La tornade de ces derniers mois continue ses ravages.
–Puisque vous êtes ici pour quelques jours, venez jouer un soir, le cachet vous aidera un peu.
Lui sourire, je ne sais pas de quelle couleur est ce sourire, je suis certaine qu’il sait que je vais refuser. Si jamais je monte sur cette scène, ou n’importe quelle scène, jamais je ne remonterai à la surface, je suis encore bien trop loin, ma respiration est trop courte.
Quelques mois de salaires sont une nécessité, pour effacer tout, fermer enfin cette porte, à double tour.
Son regard est doux, apaisant. Il n’insiste pas. Les clients partent à leur rythme, la musique m’enveloppe, m’emporte vers des paysages sereins.
– Ne vous inquiétez pas pour le séminaire, j’ai quelquefois été invité, je connais bien ces vendeurs de vent.
Laissez-les parler, ne faites pas de vagues, une seule chose compte, le dernier jour, ils vous demanderont un bilan. C’est là que vous aurez le dessus. Dites-leur simplement que vous avez profité d’être dans une ville inconnue pour chercher, prospecter, salles de concerts, disquaires, que vous avez noué des contacts intéressants.
Si vous revenez un autre soir, je vous donnerai plus de détails, je fais partie d’un collectif qui regroupe une cinquantaine de salles, des disquaires indépendants.
Au moment de partir, il souffle quelques mots à un couple de clients. Ils me raccompagnent jusqu’à l’hôtel. Il refusait que je rentre seule à pied, dans l’obscurité qui avale les rues sans bruit. Je n’ai pas protesté. Leur présence est légère, comme un courant d’air tiède en fin d’été.

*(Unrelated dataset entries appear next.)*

-- ===== src/Peppol.antt =====
-- `PeppolAS4Message` of as4/profiles/peppol/message.py, its parsing side: the party identifiers, the
-- SBDH of the first attachment, and the participants that it names.
pub mod DocumentIdentifier
pub mod Build
pub mod Profile
pub mod Process
pub mod Agreement
pub mod Routing
use as_lib.Base.{
  ℕ, ◌≤◌, ◌≡◌, ◌≢◌, refl, String, ◌<>◌, Bool, true, false, not, ◌&&◌, ◌||◌, Option, none, some,
  List, [], ◌∷◌, ◌++◌, ◌⊎◌, inl, inr, find, keep, take, drop, All, In, Any, length, contains,
  string_eq, option_eq, ◌==◌, if◌then◌else◌, arith, Bool-cases, Option-cases,
}
use as_lib.Base.Text.{starts_with, remove_prefix, nonempty}
use as_lib.Base.Sorting.{sorted}
use as_lib.Base.Dict
use as_lib.Base.Dict.{Dict}
use as_lib.Errors
use as_lib.Errors.{error_of}
use as_lib.Platform.{Bytes, Certificate, Crypto}
use as_lib.Etree.{Element, tag, index_elements_by_id}
use as_lib.Outcome.{
  Raised, Result, ok, err, require, ensure, receiptable, unsupported_digest_algorithm,
  unsupported_transform, unsupported_signature_algorithm, unsupported_security_token_type,
  invalid_signature, untrusted_signer,
}
use as_lib.Models.Reference.{Reference}
use as_lib.Models.Signature.{Signature}
use as_lib.Models.Security.{Security}
use as_lib.Models.Soap.{Envelope}
use as_lib.Models.UserMessage.{PartyFrom, PartInfo, UserMessage}
use as_lib.Models.Tokens.{BinarySecurityToken, SecurityTokenReference}
use as_lib.Models.Xenc.{DataReference, EncryptedType}
use as_lib.Dsig.{or_empty, digest_matches, digest_matches_bytes}
use as_lib.Dsig.Verify.{verify}
use as_lib.Documents.{user_message, x509_certificate, get_encrypted_data, decompress}
use as_lib.Parties.{SecurityPolicy, As4ParseContext, As4PrivateKey}
use as_lib.Environment.{Environment, Xml, Schemas}
use as_lib.Message.{present, or_blank, As4Message, blank, signature_references, signed_references}
use as_lib.Base.Repr.{repr}
use as_lib.Outcome.{validation, participant_not_serviced, xml_syntax, bind}
use as_lib.Outcome.Validation.{from_pydantic_error}
use as_lib.Outcome.Exec.{Exec, lift, modify, continue, ◌>>=◌, ◌>>◌}
use as_lib.Models.Mapping.{model_validate_etree}
use as_lib.Models.UserMessage.{MessageProperties, Property, PartyInfo, PartyId}
use as_lib.Models.Sbdh.{Identifier, Scope, StandardBusinessDocument, StandardBusinessDocumentHeader}
use as_lib.Documents.{original_sender, final_recipient}
use as_lib.Message.Process.{process}
use as_lib.Message.Parse.{MessageClass}
use as_lib.Parties.{ParticipantAcceptor}

pub record PeppolAs4Message : Type 0 where
  pub as4 : As4Message
  pub open as4 use *
  pub sender : Option String
  pub recipient : Option String
  pub document_type_identifier_value : Option String
  pub document_type_identifier_scheme : Option String
  pub process_identifier : Option String

-- `PeppolAS4Message()`
abbrev pub blank_peppol : PeppolAs4Message
blank_peppol = record {
  as4 = blank;
  sender = none;
  recipient = none;
  document_type_identifier_value = none;
  document_type_identifier_scheme = none;
  process_identifier = none;
}

abbrev pub peppol_party_identifier_type : String
peppol_party_identifier_type = "urn:fdc:peppol.eu:2017:identifiers:ap"

abbrev sbdh_error : String → Raised
sbdh_error detail = receiptable (error_of Errors.peppol_sbdh detail)

-- `{text!r}` of an optional text
unfoldable pub repr_of : Option String → String
unfolding repr
repr_of none = "None"
repr_of (some s) = repr s

-- `PeppolPartyIdentifierException(element, scheme)`
abbrev party_identifier_error : String → Option String → Raised
party_identifier_error element scheme = receiptable (
    error_of Errors.peppol_party_identifier (
      "PartyInfo/"
      <> element
      <> "/PartyId/@type must be "
      <> peppol_party_identifier_type
      <> ", not "
      <> repr_of scheme))

unfoldable pub check_party : String → PartyId → Result (Unit {0})
unfolding repr_of
check_party element id =
    ensure (id.type_value == some peppol_party_identifier_type)
      (party_identifier_error element id.type_value)

-- `envelope.header.messaging.user_message`, where there is an envelope
unfoldable pub user_message_of : Option Envelope → Result (Option UserMessage)
unfolding user_message
user_message_of none = ok none
user_message_of (some envelope) = user_message envelope.header.messaging

unfoldable pub verify_party_identifiers : Option Envelope → Result (Unit {0})
unfolding user_message_of check_party
verify_party_identifiers envelope = bind (user_message_of envelope) λ found.
    bind (require found (receiptable (error_of Errors.user_message_not_found ""))) λ um.
      bind (check_party "From" um.party_info.party_from.party_id)
        λ _. check_party "To" um.party_info.party_to.party_id

-- One round of the loop of `verify_participants_agree`.
unfoldable pub verify_participant : String → Option Property → Identifier → Result (Unit {0})
unfolding repr_of
verify_participant name none i =
    err
      (sbdh_error ("SBDH names " <> repr i.value <> " where the " <> name <> " property is absent"))
verify_participant name (some declared) i =
    ensure (declared.value == i.value && declared.property_type == i.authority) (
      sbdh_error (
        "SBDH names "
        <> repr i.value
        <> " under "
        <> repr_of i.authority
        <> " where the "
        <> name
        <> " property names "
        <> repr declared.value
        <> " under "
        <> repr_of declared.property_type))

unfoldable pub declared_sender : Option MessageProperties → Option Property
unfolding original_sender
declared_sender ps = elim ps [ none ↦ none | some p ↦ original_sender p ]

unfoldable pub declared_recipient : Option MessageProperties → Option Property
unfolding final_recipient
declared_recipient ps = elim ps [ none ↦ none | some p ↦ final_recipient p ]

unfoldable pub verify_participants_agree :
    Option MessageProperties → Identifier → Identifier → Result (Unit {0})
unfolding verify_participant declared_sender declared_recipient
verify_participants_agree properties sender recipient =
    bind (verify_participant "originalSender" (declared_sender properties) sender)
      λ _. verify_participant "finalRecipient" (declared_recipient properties) recipient

-- `except ParticipantNotServicedError`
unfoldable pub refuse_not_serviced : Result (Unit {0}) → Result (Unit {0})
refuse_not_serviced (ok u) = ok u
refuse_not_serviced (err participant_not_serviced) =
    err (receiptable (error_of Errors.peppol_not_serviced ""))
refuse_not_serviced (err e) = err e

unfoldable pub accept_recipient : Option ParticipantAcceptor → String → Result (Unit {0})
unfolding refuse_not_serviced
accept_recipient none recipient = ok tt
accept_recipient (some accept) recipient = refuse_not_serviced (accept recipient)

-- `{scope.scope_type.value: scope for scope in scopes}`: the last scope of a type.
unfoldable pub scope_of : String → List Scope → Option Scope
scope_of name [] = none
scope_of name (s ∷ rest) = elim (scope_of name rest) [
  | some later ↦ some later
  | none ↦ if s.scope_type.value == name then some s else none
]

abbrev pub mandatory_scopes : List String
mandatory_scopes = "PROCESSID" ∷ "DOCUMENTID" ∷ "COUNTRY_C1" ∷ []

unfoldable pub has_scope : List Scope → String → Bool
unfolding scope_of
has_scope scopes name = elim (scope_of name scopes) [ none ↦ false | some _ ↦ true ]

unfoldable pub missing_scopes : List Scope → List String
unfolding has_scope
missing_scopes scopes = keep (λ name. not (has_scope scopes name)) mandatory_scopes

unfoldable pub none_missing : List String → Bool
none_missing [] = true
none_missing (_ ∷ _) = false

-- The fields that the scopes give.
unfoldable pub scope_fields : Scope → Scope → PeppolAs4Message → PeppolAs4Message
scope_fields document_scope process_scope f = record f {
  document_type_identifier_value = some document_scope.instance_identifier.value;
  document_type_identifier_scheme =
      some (elim document_scope.identifier [ none ↦ "busdox-docid-qns" | some i ↦ i.value ]);
  process_identifier = some process_scope.instance_identifier.value;
}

Dans ma chambre, je n’allume pas tout de suite. Je traîne un moment près de la fenêtre, à regarder les phares couler le long des murs. Je me sens moins seule, le sourire du Clown imprègne mes vêtements, l’air que je respire. Quelques couleurs se sont enfin posées sur les jours à venir. Presque rien, une étincelle fugace, un refrain nouveau, une mélodie encore bancale. Quelque chose a changé. C’est imperceptible, comme ces petites poussières dorées qu’on aperçoit dans la lumière d’un matin calme. Une odeur qui s’attarde sur la peau. Une mélodie hésitante. Rien de stable encore, mais déjà là il ne manque pas grand-chose pour que mes doigts redécouvrent le grain du clavier, sa douceur lisse, presque animale.
J’ai une promesse à tenir, de la patience à nourrir.
Si un jour la musique revient, si elle me reprend par la main, c’est sur cette scène-là que je jouerai d’abord. Celle du Clown.
Composer sans être observée. Écrire sans que rien ne me serre le cœur. Me libérer de ce regard qui me cadenassait à chaque mesure. Bientôt, peut-être. Je ne sais pas quand.
Pour l’instant, je vais dormir. Le sommeil a encore des choses à m’apprendre. Et demain… demain, peut-être que le chant sera plus clair, après un peu de repos.